税率を50%として、この喫茶店が1年間に稼いだ純利益は、41万5000円となる。
この喫茶店は、500万円の資本金から、1年間で、41万5000円の利益を生んだ。
41万5000円は、500万円の8.3%である。
これは、資本金に対する利益の比率を意味する。
証券用語では、ROE(リターン・オン・エクイティ)と呼ぶ。
また、この喫茶店は、資本金と借入金を合わせて、全体では1000万円の資産を活用している。
利益の全資産に対する比率は、4.15%。
これを、ROA(リターン・オン・アセット)と呼ぶ。
さて、純利益の41万5000円は、新たに、未処分利益として資本の一部になる。
会社の儲けた分だけ、株主の資本が増えたのである。
この41万5000円は、資産の方には、どのように現れているであろうか。
喫茶店は、毎日の売上を銀行に預け、そこから、さまざまな経費を払い、コーヒー豆を買っている。
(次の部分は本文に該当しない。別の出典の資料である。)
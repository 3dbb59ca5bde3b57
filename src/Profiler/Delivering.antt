-- ===== src/Profiler/Delivering.antt =====
-- `Profiler::GatherNSend` of src/Profiler.cpp with a UDP destination.
use pipert.Base.{
  ℕ, ◌≤◌, ◌<◌, ◌≡◌, refl, sym, ap, ◌∙◌, subst, List, [], ◌∷◌, ◌++◌, Option, none, some, ltb_of_lt,
  arith, length, length-append, count, ◌>>=◌, ◌>>◌, assert,
}
use pipert.Timer.{Time}
use pipert.LogAggregate.{Doubles}
use pipert.ProfileData.{Memory, Entries, ProfileData, header}
use pipert.SenderLogger as Sender
use pipert.ProfileData.Gathering.{report}
use pipert.UdpConnection.{OperatingSystem, UdpConnection, send}
use pipert.UdpConnection.Replying.{send-result}
use pipert.ProfilerImpl.{ProfilerImpl, minus_1}
use pipert.ProfilerImpl as Impl
use pipert.ProfilerImpl.Flushing.{AllFit, frames}
use pipert.ProfilerImpl.Sending.{Sends, Idle, gather_n_send-Sends}
use pipert.Profiler.{FileSystem, Profiler, send_buffer, send_to_udp, send_buffers, gather_n_send}

-- No buffer is empty.
AllNonempty : List (List ℕ) → Type 0
AllNonempty [] = Unit
AllNonempty (buffer ∷ buffers) = (0 < length buffer) × AllNonempty buffers

AllNonempty-append :
    (bs cs : List (List ℕ)) → AllNonempty bs → AllNonempty cs → AllNonempty (bs ++ cs)
unfolding AllNonempty
AllNonempty-append [] cs f g = g
AllNonempty-append (b ∷ bs) cs (h, f) g = (h, AllNonempty-append bs cs f g)

module _ {ℓ} {A : Type ℓ} (D : Doubles A) (M : Memory A) (string_at : ℕ → List ℕ) where
  length-header_pos : (p : ProfileData A) → 0 < length (header string_at p)
  unfolding header
  length-header_pos p = omega arith

  frames-AllNonempty :
      (now : ℕ → Time) (head senders : List ℕ) (segments : List (Entries A))
      → 0 < length head
      → AllNonempty (frames D M string_at now head senders segments)
  unfolding AllNonempty frames
  frames-AllNonempty now head senders [] pos = tt
  frames-AllNonempty now head senders (segment ∷ segments) pos = (
    omega (
      arith,
      pos,
      length-append (head ++ senders) (report D M string_at now segment),
      length-append head senders,
    ),
    frames-AllNonempty now head [] segments pos,
  )

  Sends-AllNonempty :
      (now : ℕ → ℕ → Time) (xs : List ℕ) (store : ℕ → ProfileData A) (buffers : List (List ℕ))
      → Sends D M string_at now xs store buffers
      → AllNonempty buffers
  unfolding Sends AllNonempty
  Sends-AllNonempty now [] store buffers (e, u) = subst AllNonempty (sym e) tt
  Sends-AllNonempty now (x ∷ xs) store buffers (segments, rest, all, parts, s) =
      let senders = (Sender.serialize_n_clear string_at (store x).sender_logger).0 in
      let first = frames D M string_at (now x) (header string_at (store x)) senders segments in
      subst AllNonempty (sym parts) (
        AllNonempty-append first rest
          (frames-AllNonempty (now x) (header string_at (store x)) senders segments
            (length-header_pos (store x)))
          (Sends-AllNonempty now xs store rest s))

module _ {κ} {W : Type κ} (os : OperatingSystem W) where
  -- The world after `sendto` for each of the buffers.
  unfoldable pub sent_all : ℕ → UdpConnection → List (List ℕ) → W → W
  sent_all fd c [] w = w
  sent_all fd c (buffer ∷ buffers) w =
      sent_all fd c buffers (os.sendto fd buffer c.remote_address w)

module _ {κ} {W : Type κ} (os : OperatingSystem W) (fs : FileSystem W) where
  send_to_udp-result :
      (c : UdpConnection) (fd : ℕ) (buffer : List ℕ) (w : W)
      → c.socket_filedesc ≡ some fd
      → 0 < length buffer
      → length buffer ≤ c.max_packet_size
      → send_to_udp os fs c buffer w ≡ some (os.sendto fd buffer c.remote_address w)
  unfolding send_to_udp
  send_to_udp-result c fd buffer w e h fit =
      ap (λ b. assert b >> send os c buffer w) (ltb_of_lt h) ∙ send-result os c fd buffer w e h fit

  send_buffer-udp :
      (p : Profiler) (c : UdpConnection) (buffer : List ℕ) (w : W)
      → p.udp_connection ≡ some c
      → send_buffer os fs p buffer w ≡ send_to_udp os fs c buffer w
  unfolding send_buffer
  send_buffer-udp p c buffer w u = rw u refl

  send_buffers-result :
      (p : Profiler) (c : UdpConnection) (fd size : ℕ) (buffers : List (List ℕ)) (w : W)
      → p.udp_connection ≡ some c
      → c.socket_filedesc ≡ some fd
      → size ≤ c.max_packet_size
      → AllFit size buffers
      → AllNonempty buffers
      → send_buffers os fs p buffers w ≡ some (sent_all os fd c buffers w)
  unfolding send_buffers sent_all AllFit AllNonempty
  send_buffers-result p c fd size [] w u e room fit pos = refl
  send_buffers-result p c fd size (buffer ∷ buffers) w u e room (f, fit) (h, pos) =
      rw
        (
          send_buffer-udp p c buffer w u,
          send_to_udp-result c fd buffer w e h (omega (arith, f, room)),
        )
        (send_buffers-result p c fd size buffers (os.sendto fd buffer c.remote_address w) u e room
          fit pos)

  module _ {ℓ} {A : Type ℓ} (D : Doubles A) (M : Memory A) (string_at : ℕ → List ℕ) where
    gather_step :
        (now : ℕ → ℕ → Time) (p : Profiler) (d d' : ProfilerImpl) (buffers : List (List ℕ))
        (store store' : ℕ → ProfileData A) (w : W) {w' : W}
        → p.impl ≡ some d
        → Impl.gather_n_send D M string_at now d store ≡ some (buffers, d', store')
        → send_buffers os fs p buffers w ≡ some w'
        → gather_n_send D M string_at os fs now p store w
          ≡ some (record p { impl = some d' }, store', w')
    unfolding gather_n_send
    gather_step now p d d' buffers store store' w {w'} i r sent =
        let after : Option ProfilerImpl → Option (Profiler × (ℕ → ProfileData A) × W) = λ x.
          elim x [
            | none ↦ some (p, store, w)
            | some impl ↦
                (Impl.gather_n_send D M string_at now impl store >>= λ (bs, impl', st).
                send_buffers os fs p bs w >>= λ v. some (record p { impl = some impl' }, st, v))
          ] in
        ap after i ∙ rw (r, sent) refl

    -- A profiler with an open UDP connection, and a buffer of at least 128 bytes and at most the packet
    -- size of the connection, hands all statistics of the registered objects, which can be read, to
    -- the system for its remote address, one buffer after the other, and no assertion fails.
    pub gather_n_send-udp :
        (now : ℕ → ℕ → Time) (p : Profiler) (d : ProfilerImpl) (c : UdpConnection) (fd : ℕ)
        (store : ℕ → ProfileData A) (w : W)
        → p.impl ≡ some d
        → p.udp_connection ≡ some c
        → c.socket_filedesc ≡ some fd
        → d.buffer_size ≤ c.max_packet_size
        → d.next_profile_data ≡ minus_1
        → 128 ≤ d.buffer_size
        → ((a : ℕ) → count a d.profile_data ≤ 1)
        → ((a : ℕ) → 0 < count a d.profile_data → Idle D M string_at now store a)
        → (buffers : List (List ℕ)) × (store' : (ℕ → ProfileData A)) × (gather_n_send D M string_at
              os fs now p store w
            ≡ some (p, store', sent_all os fd c buffers w))
          × Sends D M string_at now d.profile_data store buffers
    unfolding gather_n_send
    gather_n_send-udp now p d c fd store w i u e fit free room once idle =
        let (buffers, store', r, s, f, emptied, others) =
          gather_n_send-Sends D M string_at now d store free room once idle in
        let sent =
          send_buffers-result p c fd d.buffer_size buffers w u e fit f
            (Sends-AllNonempty D M string_at now d.profile_data store buffers s) in
        (
          buffers,
          store',
          gather_step now p d d buffers store store' w i r sent
              ∙ ap (λ x. some (record p { impl = x }, store', sent_all os fd c buffers w)) (sym i),
          s,
        )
つまり、このカネの一部は銀行に預金されていて(現金)、残りはコーヒー豆の在庫になっている(在庫資産)。
厳密に言えば、預金の一部は、人件費、光熱費の未払い分かもしれない。
このように、会社の決算では、バランスシートのライアビリティとアセットの合計は必ず一致する。
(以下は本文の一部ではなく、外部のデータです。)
-- ===== src/Profiler/Destination.antt =====
-- What the constructor of src/Profiler.cpp makes of a URI.
use pipert.Base.{
  ℕ, ◌%◌, ◌≤◌, ◌<◌, ◌≡◌, ◌≢◌, refl, true, false, List, [], ◌∷◌, ◌++◌, none, some, ◌⊎◌, ltb_of_lt,
  leb, leb_of_le, ◌==◌, ne_test, if◌then◌else◌, is_empty, inl, inr, arith, length,
}
use pipert.UdpConnection.{OperatingSystem, UdpConnection, udp_connection_to}
use pipert.ProfilerImpl.{ProfilerImpl, minus_1, profiler_impl}
use pipert.Profiler.{
  FileSystem, Profiler, no_profiler, destination_udp_scheme, destination_file_scheme, after_scheme,
  at_separator, atoi, profiler, udp_destination,
}

-- No character is a ":".
abbrev pub NoColon : List ℕ → Type 0
NoColon [] = Unit {0}
NoColon (c ∷ cs) = (c ≢ 58) × NoColon cs

at_separator-append :
    (addr port : List ℕ) → NoColon addr → at_separator (addr ++ 58 ∷ port) ≡ some (addr, port)
unfolding at_separator
at_separator-append [] port n = refl
at_separator-append (c ∷ cs) port (n, ns) = rw (ne_test n, at_separator-append cs port ns) refl

-- The implementation that a destination gets.
abbrev pub made_impl : ℕ → ℕ → ProfilerImpl
made_impl buffer_size aggregation_time_msec = record {
  buffer_size = buffer_size;
  aggregation_time_msec = aggregation_time_msec;
  worker_joinable = false;
  worker_shutdown = false;
  profile_data = [];
  next_profile_data = minus_1;
}

abbrev made_connection : ℕ → ℕ → ℕ → UdpConnection
made_connection fd sin_addr sin_port = record {
  socket_filedesc = some fd;
  max_packet_size = 508;
  polling_timeout = 1000;
  local_address = record { sin_port = 0; sin_addr = 0 };
  remote_address = record { sin_port = sin_port; sin_addr = sin_addr };
}

nonempty : (xs : List ℕ) → 0 < length xs → is_empty xs ≡ false
nonempty [] h = absurd (omega (arith, h))
nonempty (x ∷ xs) h = refl

nonempty_of_pos : (xs ys : List ℕ) → 0 < length xs → is_empty (xs ++ 58 ∷ ys) ≡ false
nonempty_of_pos [] ys h = absurd (omega (arith, h))
nonempty_of_pos (x ∷ xs) ys h = refl

nonempty_port : (port : List ℕ) → atoi port ≢ 0 → is_empty port ≡ false
unfolding atoi
nonempty_port [] n = absurd (n refl)
nonempty_port (c ∷ cs) n = refl

size_or_default : (size : ℕ) → 64 ≤ size → 64 ≤ (if size == 0 then 508 else size)
size_or_default size h = rw (ne_test {a = size} {b = 0} (λ e. omega (arith, e, h))) h

module _ {ℓ} {W : Type ℓ} (os : OperatingSystem W) (fs : FileSystem W) where
  -- "udp:", an address of 1 to 15 characters without ":", a ":" and a port that `atoi` does not take for
  -- 0 make a profiler that sends to this address and the low 16 bits of the port, if the system opens a
  -- socket and knows the address. Its buffer is 508 bytes long, or as long as is asked, if that is at
  -- least 64.
  pub profiler-udp :
      (addr port : List ℕ) (time size fd sin_addr : ℕ) (w : W)
      → NoColon addr
      → 0 < length addr
      → length addr < 16
      → atoi port ≢ 0
      → (os.socket w).0 ≡ some fd
      → os.inet_aton addr ≡ some sin_addr
      → (size ≡ 0) ⊎ (64 ≤ size)
      → (p : Profiler) × (w' : W) × (c : UdpConnection) × (profiler os fs
            (destination_udp_scheme ++ addr ++ 58 ∷ port)
            time
            size
            w
          ≡ some (p, w'))
        × (p ≡ record {
          impl = some (made_impl (if size == 0 then 508 else size) time);
          destination_file = none;
          udp_connection = some c;
        })
        × (c.socket_filedesc ≡ some fd)
        × (c.max_packet_size ≡ 508)
        × (c.remote_address.sin_addr ≡ sin_addr)
        × (c.remote_address.sin_port ≡ os.htons (atoi port % 65536))
  unfolding profiler after_scheme udp_destination udp_connection_to profiler_impl
  profiler-udp addr port time size fd sin_addr w plain pos short number opened known asked =
      let room : leb 64 (if size == 0 then 508 else size) ≡ true = elim asked [
        | inl e ↦ rw e refl
        | inr h ↦ leb_of_le (size_or_default size h)
      ] in
      (
        record {
          impl = some (made_impl (if size == 0 then 508 else size) time);
          destination_file = none;
          udp_connection = some (made_connection fd sin_addr (os.htons (atoi port % 65536)));
        },
        os.forbid_fragments fd (os.socket w).1,
        made_connection fd sin_addr (os.htons (atoi port % 65536)),
        rw
            (
              nonempty_of_pos addr port pos,
              at_separator-append addr port plain,
              nonempty addr pos,
              nonempty_port port number,
              ne_test number,
              ltb_of_lt short,
              opened,
              known,
              room,
            )
            refl,
        refl,
        refl,
        refl,
        refl,
        refl,
      )

  -- A URI that begins with neither scheme makes a profiler without a destination, and nothing happens.
  pub profiler-no_scheme :
      (uri : List ℕ) (time size : ℕ) (w : W)
      → after_scheme destination_udp_scheme uri ≡ none
      → after_scheme destination_file_scheme uri ≡ none
      → profiler os fs uri time size w ≡ some (no_profiler, w)
  unfolding profiler
  profiler-no_scheme uri time size w no_udp no_file = rw (no_udp, no_file) refl
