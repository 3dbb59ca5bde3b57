-- ===== src/Profiler/Tests.antt =====
-- A profiler on the system of UdpConnection/Wire.antt.
use pipert.Base.{ℕ, ◌%◌, ◌<◌, ◌≡◌, ◌≢◌, refl, List, [], ◌∷◌, ◌++◌, none, some, inl, arith}
use pipert.LogAggregate.Example.{shifted}
use pipert.ProfileData.{ProfileData}
use pipert.ProfileData.Example.{little_endian, names}
use pipert.ProfilerImpl.Example.{two_channels, data_at, times, once, all-Idle}
use pipert.ProfilerImpl.Sending.{Sends}
use pipert.UdpConnection.{UdpConnection}
use pipert.UdpConnection.Wire.{Wire, empty_wire, wire_system, there, connection_to}
use pipert.Profiler.Example.{no_files}
use pipert.Profiler.{Profiler, destination_udp_scheme, atoi, profiler, gather_n_send}
use pipert.Profiler.Destination.{NoColon, made_impl, profiler-udp}
use pipert.Profiler.Delivering.{sent_all, gather_n_send-udp}

-- "10.0.0.7" and "8080"
abbrev address : List ℕ
address = 49 ∷ 48 ∷ 46 ∷ 48 ∷ 46 ∷ 48 ∷ 46 ∷ 55 ∷ []

abbrev port : List ℕ
port = 56 ∷ 48 ∷ 56 ∷ 48 ∷ []

port_number : atoi port ≡ 8080
unfolding atoi
port_number = refl

no_colon : NoColon address
no_colon =
    let c : (n : ℕ) → n < 58 → n ≢ 58 = λ n h e. omega (arith, h, e) in
    (
      c 49 (omega arith),
      (
        c 48 (omega arith),
        (
          c 46 (omega arith),
          (
            c 48 (omega arith),
            (
              c 46 (omega arith),
              (c 48 (omega arith), (c 46 (omega arith), (c 55 (omega arith), tt))),
            ),
          ),
        ),
      ),
    )

profiler-udp_example :
    (p : Profiler) × (w' : Wire) × (c : UdpConnection) × (profiler wire_system no_files
        (destination_udp_scheme ++ address ++ 58 ∷ port)
        50
        0
        empty_wire
      ≡ some (p, w'))
    × (p ≡ record {
      impl = some (made_impl 508 50);
      destination_file = none;
      udp_connection = some c;
    })
    × (c.socket_filedesc ≡ some 3)
    × (c.max_packet_size ≡ 508)
    × (c.remote_address.sin_addr ≡ 77)
    × (c.remote_address.sin_port ≡ atoi port % 65536)
profiler-udp_example =
    profiler-udp wire_system no_files address port 50 0 3 77 empty_wire no_colon (omega arith)
      (omega arith) (λ e. omega (arith, port_number, e)) refl refl (inl refl)

abbrev to_there : Profiler
to_there = record {
  impl = some two_channels;
  destination_file = none;
  udp_connection = some (connection_to there);
}

gather_n_send-udp_example :
    (buffers : List (List ℕ)) × (store' : (ℕ → ProfileData ℕ)) × (gather_n_send shifted
        little_endian names wire_system no_files times to_there data_at empty_wire
      ≡ some (to_there, store', sent_all wire_system 3 (connection_to there) buffers empty_wire))
    × Sends shifted little_endian names times (7 ∷ 8 ∷ []) data_at buffers
gather_n_send-udp_example =
    gather_n_send-udp wire_system no_files shifted little_endian names times to_there two_channels
      (connection_to there) 3 data_at empty_wire refl refl refl (omega arith) refl (omega arith)
      once all-Idle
私たちの懐を出入りするカネと違って、会社の使うカネはすべて帳簿に記載されるから、そうなるのである。
もし、コーヒーの売上が不振で、経費の400万円に足らない350万円しかなかったら、どうなるであろうか。
アセットの方では、事業を開始したときに100万円あった現金が50万円に減る。
この分だけ、ライアビリティも減らなければならない。
銀行や友人からの借金は減らせないから、資本金を充てるしかない。
500万円あった資本金が450万円に減る。
会社が損を出したら、株主の財産が減るのである。
こういうことを考えれば、会社は株主のもの、と実感できるであろう。
実は、ここまでの話では、一つ、重要なことを無視している。
仮に500万円の売上があったとしても、41万5000円儲けたとは言えないのである。
売上が不振で、喫茶店を閉店する場合を考えてみれば、よくわかる。
その場合、マンションやイス、テーブルなどの備品を売り払い、銀行と友人に借金を返済することになる。